I am helping my brother with his math homework and this problem has stumped me.
I tried (150+4n)(490000/n)+0.75n as the cost function but that doesn't get me anywhere when I take second derivative.
A company needs 490,000 items per year. It costs the company \$150 to prepare a production run of these items and \$4 to produce each item. If it also costs the company $0.75 per year for each item stored, find the number of items that should be produced in each run so that total costs of production and storage are minimized.
The correct answer is 14,000 items/run. How?
Best Answer
[Edit, sorry, mis-read the numbers. Fixing them below.]
So if x is the number of production runs, then 490000/x is the number of items produced in a production run. Since the cost of producing each item is the same no matter how many production runs we use, it doesn't really matter for the minimization problem. (If you wanted to include this in the cost function, you would just add the constant value 4*490000.) Since every production run costs 450 then that part of the cost is 150x.
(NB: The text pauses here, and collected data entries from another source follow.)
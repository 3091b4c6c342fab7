-- ===== src/Cli/Promotion.antt =====
-- No account becomes an administrator by init-admin without -promote (cmd/server/main.go).
use ky_server_base.Prelude.{
  ℕ, ◌<◌, String, ◌≡◌, refl, ap, ◌∙◌, subst, inl, inr, true, false, ◌&&◌, ◌||◌, some, List, [], ◌∷◌,
  arith, ◌==◌, eq_iff, ltb, Bool-cases, Option-cases,
}
use ky_server_base.Sql.{count_where, update_where, find_where}
use ky_server_base.Sql.Laws.{count-pos_of_find}
use ky_server_base.Store.Models.{User, Db, Backend, ok}
use ky_server_base.Store.Tx.{Io}
use ky_server_base.Store.Users.{get_user_by_username, has_id, stamped, same_name}
use ky_server_base.Store.Sessions.{is_local, reset_password}
use ky_server_base.Config.Texts.{byte_len}
use ky_server_base.Cli.{
  AdminCall, AdminReply, init_admin, run_init_admin, new_admin, is_active_admin, password_too_short,
  hash_failed, read_failed, not_local, not_administrator, reset_failed, create_failed,
  password_reset, admin_created,
}
use ky_server_base.Cli.Admin.{IsAnswer, init_admin-IsAnswer, after_reset}

-- How many administrators the rows have under an id, which are one at most.
abbrev pub admins : String → List User → ℕ
admins id = count_where (λ u. has_id id u && u.role == "admin")

admins-reset :
    (now : ℕ) (hash uid id : String) (rows : List User)
    → (uid == id) ≡ false
    → admins id (update_where (is_local uid) (reset_password now hash) rows) ≡ admins id rows
unfolding count_where update_where
admins-reset now hash uid id [] other = refl
admins-reset now hash uid id (u ∷ us) other =
    ground
      (arith, admins-reset now hash uid id us other, eq_iff u.id uid, eq_iff u.id id, eq_iff uid id)

found_admin-pos :
    (b : Backend) (io : Io) (username : String) (db : Db) (u : User)
    → (get_user_by_username b io username db).0 ≡ ok u
    → is_active_admin u ≡ true
    → 0 < admins u.id db.users
found_admin-pos b io username db u found admin =
    let row : find_where (same_name b username) db.users ≡ some u =
      unfold get_user_by_username in ground arith in
    count-pos_of_find (same_name b username) (λ x. has_id u.id x && x.role == "admin") db.users row
      (ground (arith, eq_iff u.id u.id))

unmade :
    (id : String) (after d : Db) → after ≡ d → admins id d.users ≡ 0 → 0 < admins id after.users → ⊥
unmade id after d same h made = omega (arith, ap (λ (x : Db). admins id x.users) same)

created_id :
    (id drawn : String) (rows : List User)
    → admins id rows ≡ 0
    → (row : User) → row.id ≡ drawn
    → 0 < admins id (row ∷ rows)
    → id ≡ drawn
unfolding count_where
created_id id drawn rows h row named made = ground (arith, eq_iff row.id id)

-- Only a creation makes an administrator, and that of the drawn id.
IsAnswer-no_promotion :
    (b : Backend) (c : AdminCall) (username hash : String) (db : Db) (id : String)
    (answer : AdminReply × Db)
    → IsAnswer b c username hash false db answer
    → admins id db.users ≡ 0
    → admins id (c.meanwhile db).users ≡ 0
    → 0 < admins id answer.1.users
    → (answer.0 ≡ admin_created) × (id ≡ c.drawn_id)
IsAnswer-no_promotion b c username hash db id (password_reset, after) (u, found, own, may, done) h k
      made =
    absurd (elim (Bool-cases (u.id == id)) [
      | inl mine ↦
          let pos : 0 < admins u.id db.users =
            found_admin-pos b c.read_io username db u found (ground arith) in
          omega (arith, h, ap (λ (x : String). admins x db.users) ((eq_iff u.id id).0 mine))
      | inr other ↦
          unmade id after (after_reset c.now u.id hash (c.meanwhile db)) done
            (admins-reset c.now hash u.id id (c.meanwhile db).users other ∙ k) made
    ])
IsAnswer-no_promotion b c username hash db id (admin_created, after) (free, done) h k made = (
  refl,
  created_id id c.drawn_id (c.meanwhile db).users k
      (stamped c.now (new_admin c.drawn_id username hash)) refl
      (subst (λ (d : Db). 0 < admins id d.users) done made),
)
IsAnswer-no_promotion b c username hash db id (reset_failed, after) same h k made =
    absurd (unmade id after (c.meanwhile db) same k made)
IsAnswer-no_promotion b c username hash db id (create_failed, after) same h k made =
    absurd (unmade id after (c.meanwhile db) same k made)
IsAnswer-no_promotion b c username hash db id (password_too_short, after) same h k made =
    absurd (unmade id after db same h made)
IsAnswer-no_promotion b c username hash db id (hash_failed, after) same h k made =
    absurd (unmade id after db same h made)
IsAnswer-no_promotion b c username hash db id (read_failed, after) same h k made =
    absurd (unmade id after db same h made)
IsAnswer-no_promotion b c username hash db id (not_local, after) same h k made =
    absurd (unmade id after db same h made)
IsAnswer-no_promotion b c username hash db id (not_administrator, after) same h k made =
    absurd (unmade id after db same h made)

-- Without -promote, whatever init-admin answers and whatever other processes write meanwhile, an id
-- that is no administrator's when the command reads and when it writes is no administrator's
-- after it, unless the command reports that it created an account, and then the id is the drawn
-- one.
pub run_init_admin-no_promotion :
    (b : Backend) (c : AdminCall) (username pass : String) (db : Db) (id : String)
    → admins id db.users ≡ 0
    → admins id (c.meanwhile db).users ≡ 0
    → 0 < admins id (run_init_admin b c username pass false db).1.users
    → ((run_init_admin b c username pass false db).0 ≡ admin_created) × (id ≡ c.drawn_id)
unfolding run_init_admin
run_init_admin-no_promotion b c username pass db id h k made =
    elim (Bool-cases (pass == "" || ltb (byte_len pass) 12)) [
      | inl short ↦ absurd (unmade id db db refl h (rw short at made))
      | inr long ↦ elim (Option-cases (c.hash pass)) [
        | inl failed ↦ absurd (unmade id db db refl h (rw (long, failed, init_admin) at made))
        | inr (hash, e) ↦ rw long (
            IsAnswer-no_promotion b c username hash db id (init_admin b c username pass false db)
              (init_admin-IsAnswer b c username pass hash false db e) h k (rw long at made))
      ]
    ]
And presumably we will at some point store every one of these units per production run, at a cost of (0.75)490000/x. So the total cost function is
$150x + \frac{(0.75)\cdot 490000}{x}$
And you want to minimize this, so you take the derivative and set it to 0, then solve for x:
$150 + 0.75\cdot 490000 \cdot (-1\cdot x^{-2})=0$
so
$x^{2} = \frac{0.75\cdot 490000}{150}$
so
$x \approx 49.5$ (rejecting the negative solution as meaningless in the problem)
We then need to know the number for the lowest cost which is close to this value, so we test 49 and 50. If you do 49 production runs then the cost is 14850 = 150*49 + 0.75*490000/49 but if you do 50 runs the cost is the same, 14850 = 150*50 + 0.75*490000/50. So it doesn't matter which.
If you pick 49, then the number to produce is 490000/49 = 10,000.
(I see this disagrees with your teacher's result so I'll try to see if I missed anything.)